On March 11, 2020, he scored a career-high 35 points including 11 three-pointers in a 71–69 loss to Oregon State. Plummer averaged 8.4 points and 1.1 rebounds per game as a junior and shot 42% from the three point line. As a senior, he averaged 13.6 points, 2.2 rebounds and 1 assist per game, shooting 38.3% from the three. He also made the Pac-12 Academic Honor Roll. Following the season Plummer opted to return for his fifth season of eligibility, granted due to the COVID-19 pandemic, and transfer to Illinois. He chose the Illini over offers from BYU, Florida, Georgia and Texas Tech. Plummer was named third-team All-Big Ten.

==Professional career==
===Mexico City Capitanes (2022)===
On November 4, 2022, Plummer was named to the opening night roster for the Mexico City Capitanes.

===Paris Basketball (2022–2023)===
On November 17, 2022, he signed with Paris Basketball of the LNB Pro A.
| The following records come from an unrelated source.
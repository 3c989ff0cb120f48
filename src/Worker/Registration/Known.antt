-- ===== src/Worker/Registration/Known.antt =====
-- Whether the master knows a worker (internal/worker/registration.go against
-- internal/master/server.go and registry.go).
use dist_command_exec.Prelude.{
  ◌≡◌, ◌≢◌, ◌⊎◌, inl, inr, refl, String, str_eq, eq_iff, Bool, true, false, Bool-cases,
  Option-cases, none, some, List, [], ◌∷◌, arith, if◌then◌else◌,
}
use dist_command_exec.Prelude.Int.{ℤ, int32}
use dist_command_exec.Prelude.Map
use dist_command_exec.Prelude.Map.{get-put_self}
use dist_command_exec.Types.{Time}
use dist_command_exec.Master.State.{Master}
use dist_command_exec.Master.Registry.{
  NodeInfo, NodeStatus, healthy, unhealthy, draining, refreshed, is_unhealthy,
}
use dist_command_exec.Master.Registry as Registry
use dist_command_exec.Master.Server as Master
use dist_command_exec.Worker.Registration.{
  Registration, Link, up, call, connect, register, register_request, beat, Turn, heartbeat_loop,
  serve, request_lost, reply_lost,
}

pub str_miss : (s : String) → s ≢ "" → str_eq s "" ≡ false
str_miss s h = elim (Bool-cases (str_eq s "")) [
  | inl hit ↦ absurd (h ((eq_iff s "").0 hit))
  | inr miss ↦ miss
]

-- What the master knows of the worker: it was heard of at the given time, and is not taken for
-- dead.
pub record IsKnown (m : Master) (id : String) (now : Time) : Type 0 where
  pub node : NodeInfo
  pub stored : Map.get m.registry.nodes id ≡ some node
  pub heard : node.last_seen ≡ now
  pub alive : node.status ≢ unhealthy

register_lem :
    (r : Registration) (dials : Bool) (now : Time) (m : Master)
    → r.worker_id ≢ ""
    → r.address ≢ ""
    → r.client ≡ true
    → IsKnown (register r dials up now m).1 r.worker_id now
      × ((register r dials up now m).0.registered ≡ true)
      × ((register r dials up now m).2 ≡ true)
unfolding register register_request call Master.register Master.node_of Registry.register Map.put
    Map.get
register_lem r dials now m named at connected =
    rw (connected, str_miss r.worker_id named, str_miss r.address at)
      (
        record {
          node = _;
          stored = get-put_self m.registry.nodes r.worker_id _;
          heard = refl;
          alive = λ h. ground (arith, h);
        },
        refl,
        refl,
      )

not_unhealthy : (s : NodeStatus) → (if is_unhealthy s then healthy else s) ≢ unhealthy
not_unhealthy healthy h = ground (arith, h)
not_unhealthy unhealthy h = ground (arith, h)
not_unhealthy draining h = ground (arith, h)

heartbeat-IsKnown :
    (m : Master) (id : String) (active : ℤ) (now : Time) (n : NodeInfo)
    → id ≢ ""
    → Map.get m.registry.nodes id ≡ some n
    → IsKnown (Master.heartbeat m id active now).0 id now
      × ((Master.heartbeat m id active now).1 ≡ Master.ok true)
unfolding Master.heartbeat Registry.heartbeat
heartbeat-IsKnown m id active now n named stored =
    rw (str_miss id named, stored)
      (
        record {
          node = refreshed active now n;
          stored = get-put_self m.registry.nodes id _;
          heard = refl;
          alive = λ h. not_unhealthy n.status h;
        },
        refl,
      )

heartbeat_unknown :
    (m : Master) (id : String) (active : ℤ) (now : Time)
    → id ≢ ""
    → Map.get m.registry.nodes id ≡ none
    → Master.heartbeat m id active now ≡ (m, Master.ok false)
unfolding Master.heartbeat Registry.heartbeat
heartbeat_unknown m id active now named absent = rw (str_miss id named, absent) refl

beat_unknown :
    (r : Registration) (t : Turn) (m : Master)
    → r.worker_id ≢ ""
    → r.registered ≡ true
    → t.link ≡ up
    → t.again ≡ up
    → Map.get m.registry.nodes r.worker_id ≡ none
    → beat r t m ≡ ((register r t.dials up t.later m).0, (register r t.dials up t.later m).1)
unfolding beat call
beat_unknown r t m named registered up_now up_then absent = simp (
  registered,
  up_now,
  up_then,
  heartbeat_unknown m r.worker_id (int32 t.active_tasks) t.now named absent,
)

beat_known :
    (r : Registration) (t : Turn) (m : Master) (n : NodeInfo)
    → r.worker_id ≢ ""
    → r.registered ≡ true
    → t.link ≡ up
    → Map.get m.registry.nodes r.worker_id ≡ some n
    → beat r t m ≡ (r, (Master.heartbeat m r.worker_id (int32 t.active_tasks) t.now).0)
unfolding beat call
beat_known r t m n named registered up_now stored = simp (
  registered,
  up_now,
  (heartbeat-IsKnown m r.worker_id (int32 t.active_tasks) t.now n named stored).1,
)

-- One turn of the heartbeat loop of a registered worker, with an ID and an address that are not
-- empty and a client, whose calls reach the master and return: whatever the master had done with
-- the node, it then knows the worker, has heard of it at the time of the heartbeat or of the new
-- registration, and does not take it for unhealthy; and the worker is still registered.
pub beat_lem :
    (r : Registration) (t : Turn) (m : Master)
    → r.worker_id ≢ ""
    → r.address ≢ ""
    → r.client ≡ true
    → r.registered ≡ true
    → t.link ≡ up
    → t.again ≡ up
    → (IsKnown (beat r t m).1 r.worker_id t.now ⊎ IsKnown (beat r t m).1 r.worker_id t.later)
      × ((beat r t m).0.registered ≡ true)
beat_lem r t m named at connected registered up_now up_then =
    elim (Option-cases (Map.get m.registry.nodes r.worker_id)) [
      | inl absent ↦
          let (known, again, _) = register_lem r t.dials t.later m named at connected in
          rw (beat_unknown r t m named registered up_now up_then absent) (inr known, again)
      | inr (n, stored) ↦
          let (known, _) =
            heartbeat-IsKnown m r.worker_id (int32 t.active_tasks) t.now n named stored in
          rw (beat_known r t m n named registered up_now stored) (inl known, registered)
    ]

-- The master without the worker.
abbrev pub alone : List ((Master → Master) × Turn) → Master → Master
alone [] m = m
alone ((meanwhile, t) ∷ ts) m = alone ts (meanwhile m)

unregistered_lem :
    (ts : List ((Master → Master) × Turn)) (r : Registration) (m : Master)
    → r.registered ≡ false
    → heartbeat_loop ts r m ≡ (r, alone ts m)
unfolding heartbeat_loop beat
unregistered_lem [] r m h = refl
unregistered_lem ((meanwhile, t) ∷ ts) r m h = simp (h, unregistered_lem ts r (meanwhile m) h)

failed_register :
    (r : Registration) (dials : Bool) (link : Link) (now : Time) (m : Master)
    → r.registered ≡ false
    → link ≢ up
    → (register r dials link now m).0.registered ≡ false
unfolding register call connect
failed_register r dials up now m h lost = absurd (lost refl)
failed_register r dials request_lost now m h lost = ground (arith, h)
failed_register r dials reply_lost now m h lost = ground (arith, h)

-- If the first registration of a worker that is not registered gets no answer, it never registers:
-- it sends nothing in any number of turns, and after the attempt the master changes only by its own
-- steps.
pub serve_unregistered :
    (r : Registration) (dials : Bool) (link : Link) (now : Time)
    (ts : List ((Master → Master) × Turn)) (m : Master)
    → r.registered ≡ false
    → link ≢ up
    → ((serve r dials link now ts m).0.registered ≡ false)
      × ((serve r dials link now ts m).1 ≡ alone ts (register r dials link now m).1)
unfolding serve
serve_unregistered r dials link now ts m h lost =
    let e = failed_register r dials link now m h lost in
    rw (unregistered_lem ts (register r dials link now m).0 (register r dials link now m).1 e)
      (e, refl)
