-- ===== src/Operator/Resource.antt =====
-- The resource of internal/operator/controller.go, its fields, and updateStatus.
use dist_command_exec.Prelude.{
  String, Bool, true, false, ◌&&◌, ◌||◌, Option, none, some, List, [], ◌∷◌, ◌++◌, if◌then◌else◌,
  str_eq,
}
use dist_command_exec.Prelude.Int.{ℤ, pos, int32}

-- A value of the resource, as far as the type switches tell values apart; `null` is a missing one.
pub data Item : Type 0 where
  text : String → Item
  other : Item

pub data Value : Type 0 where
  null other : Value
  text : String → Value
  integer : ℤ → Value
  items : List Item → Value

-- The spec, by the keys that reconcile reads.
pub record Spec : Type 0 where
  pub command : Value
  pub args : Value
  pub parallelism : Value
  pub timeout : Value

pub record DistributedJob : Type 0 where
  pub name : String
  pub namespace : String
  -- `none`: there is no spec, or it is no map.
  pub spec : Option Spec
  pub phase : String
  pub task_ids : List String
  pub start_time : String

-- The status map of updateStatus; an option is a key that is set only sometimes.
pub record Status : Type 0 where
  pub phase : String
  pub completions : ℤ
  pub failed : ℤ
  pub message : String
  pub task_ids : Option (List String)
  pub start_time : Option String
  pub completion_time : Option String

-- toStringSlice
unfoldable pub texts_of : List Item → List String
texts_of [] = []
texts_of (text s ∷ rest) = s ∷ texts_of rest
texts_of (other ∷ rest) = texts_of rest

unfoldable pub to_string_slice : Value → List String
unfolding texts_of
to_string_slice (items is) = texts_of is
to_string_slice _ = []

-- command, _ := v.(string)
abbrev pub text_of : Value → String
text_of (text s) = s
text_of _ = ""

-- The parallelism, 1 if it is no int64.
unfoldable pub parallelism_of : Value → ℤ
parallelism_of (integer n) = int32 n
parallelism_of _ = pos 1

-- What a reconciliation writes: the arguments of updateStatus behind the name.
pub record Update : Type 0 where
  pub phase : String
  pub completions : ℤ
  pub failed : ℤ
  pub message : String
  pub task_ids : Option (List String)

-- What the world gives to one updateStatus: the resource that Get finds, whether UpdateStatus
-- succeeds, and the time as text.
pub record Access : Type 0 where
  pub found : Option DistributedJob
  pub writes : Bool
  pub now : String

unfoldable pub status_of : DistributedJob → Update → String → Status
status_of u w now = record {
  phase = w.phase;
  completions = w.completions;
  failed = w.failed;
  message = w.message;
  task_ids = w.task_ids;
  start_time = if str_eq w.phase "Running" && str_eq u.start_time "" then some now else none;
  completion_time =
      if str_eq w.phase "Succeeded" || str_eq w.phase "Failed" then some now else none;
}

-- A Go value of the status map, by its type: string, int32 or []string.
pub data GoValue : Type 0 where
  string_value : String → GoValue
  int32_value : ℤ → GoValue
  strings_value : List String → GoValue

given : {A : Type 0} → String → (A → GoValue) → Option A → List (String × GoValue)
given key value none = []
given key value (some a) = (key, value a) ∷ []

-- The status map with the types that updateStatus gives to its values.
unfoldable pub status_map : Status → List (String × GoValue)
unfolding given
status_map s =
    ("phase", string_value s.phase)
      ∷ ("completions", int32_value s.completions)
      ∷ ("failed", int32_value s.failed)
      ∷ ("message", string_value s.message)
      ∷ given "taskIds" strings_value s.task_ids
    ++ given "startTime" string_value s.start_time
    ++ given "completionTime" string_value s.completion_time

-- How SetNestedField ends: with a resource, an error or a panic.
pub data Setting : Type 0 where
  sets : DistributedJob → Setting
  refuses : Setting
  panics : Setting

-- The resource that the API server stores, and whether the process goes on: nothing in it recovers
-- from a panic.
pub data Outlook : Type 0 where
  lives : DistributedJob → Outlook
  dies : DistributedJob → Outlook

module _ (set_nested_field : DistributedJob → List (String × GoValue) → Setting) where
  unfoldable pub written : Bool → DistributedJob → Setting → Outlook
  written true stored (sets u) = lives u
  written false stored (sets u) = lives stored
  written _ stored refuses = lives stored
  written _ stored panics = dies stored

  updated : Access → DistributedJob → Update → Option DistributedJob → Outlook
  updated a stored w none = lives stored
  updated a stored w (some u) =
      written a.writes stored (set_nested_field u (status_map (status_of u w a.now)))

  -- updateStatus
  unfoldable pub update_status : Access → DistributedJob → Update → Outlook
  unfolding status_of written updated
  update_status a stored w = updated a stored w a.found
===Ratiopharm Ulm (2024–present)===
On July 7, 2024, Plummer signed with ratiopharm Ulm of the Basketball Bundesliga.

==Career statistics==

===College===
====NCAA Division I====

| Year | Team | GP | GS | MPG | FG% | 3P% | FT% | RPG | APG | SPG | BPG | PPG |
|---|---|---|---|---|---|---|---|---|---|---|---|---|
| 2019–20 | Utah | 26 | 2 | 15.2 | .467 | .420 | .750 | 1.1 | .4 | .4 | .0 | 8.4 |
| 2020–21 | Utah | 25 | 16 | 28.2 | .441 | .383 | .824 | 2.2 | 1.0 | .7 | .0 | 13.6 |
| 2021–22 | Illinois | 33 | 29 | 30.2 | .424 | .408 | .874 | 2.5 | 1.1 | .3 | .0 | 14.6 |
| Career |  | 84 | 47 | 25.0 | .439 | .403 | .844 | 1.9 | .8 | .5 | .0 | 12.4 |

====JUCO====

| Year | Team | GP | GS | MPG | FG% | 3P% | FT% | RPG | APG | SPG | BPG | PPG |
|---|---|---|---|---|---|---|---|---|---|---|---|---|
| 2017–18 | Arizona Western | 33 | 3 | 19.5 | .514 | .458 | .776 | 2.3 | .6 | .6 | .0 | 14.9 |
| 2018–19 | Arizona Western | 34 | 30 | 29.4 | .482 | .438 | .888 | 3.5 | .7 | .7 | .1 | 18.6 |
| Career |  | 67 | 33 | 24.5 | .495 | .446 | .840 | 2.9 | .7 | .6 | .1 | 16.8 |

==Personal life==
Plummer majored in international studies. He is the son of Rénan Plummer and Amara Torres, and his father played professional basketball in Panama.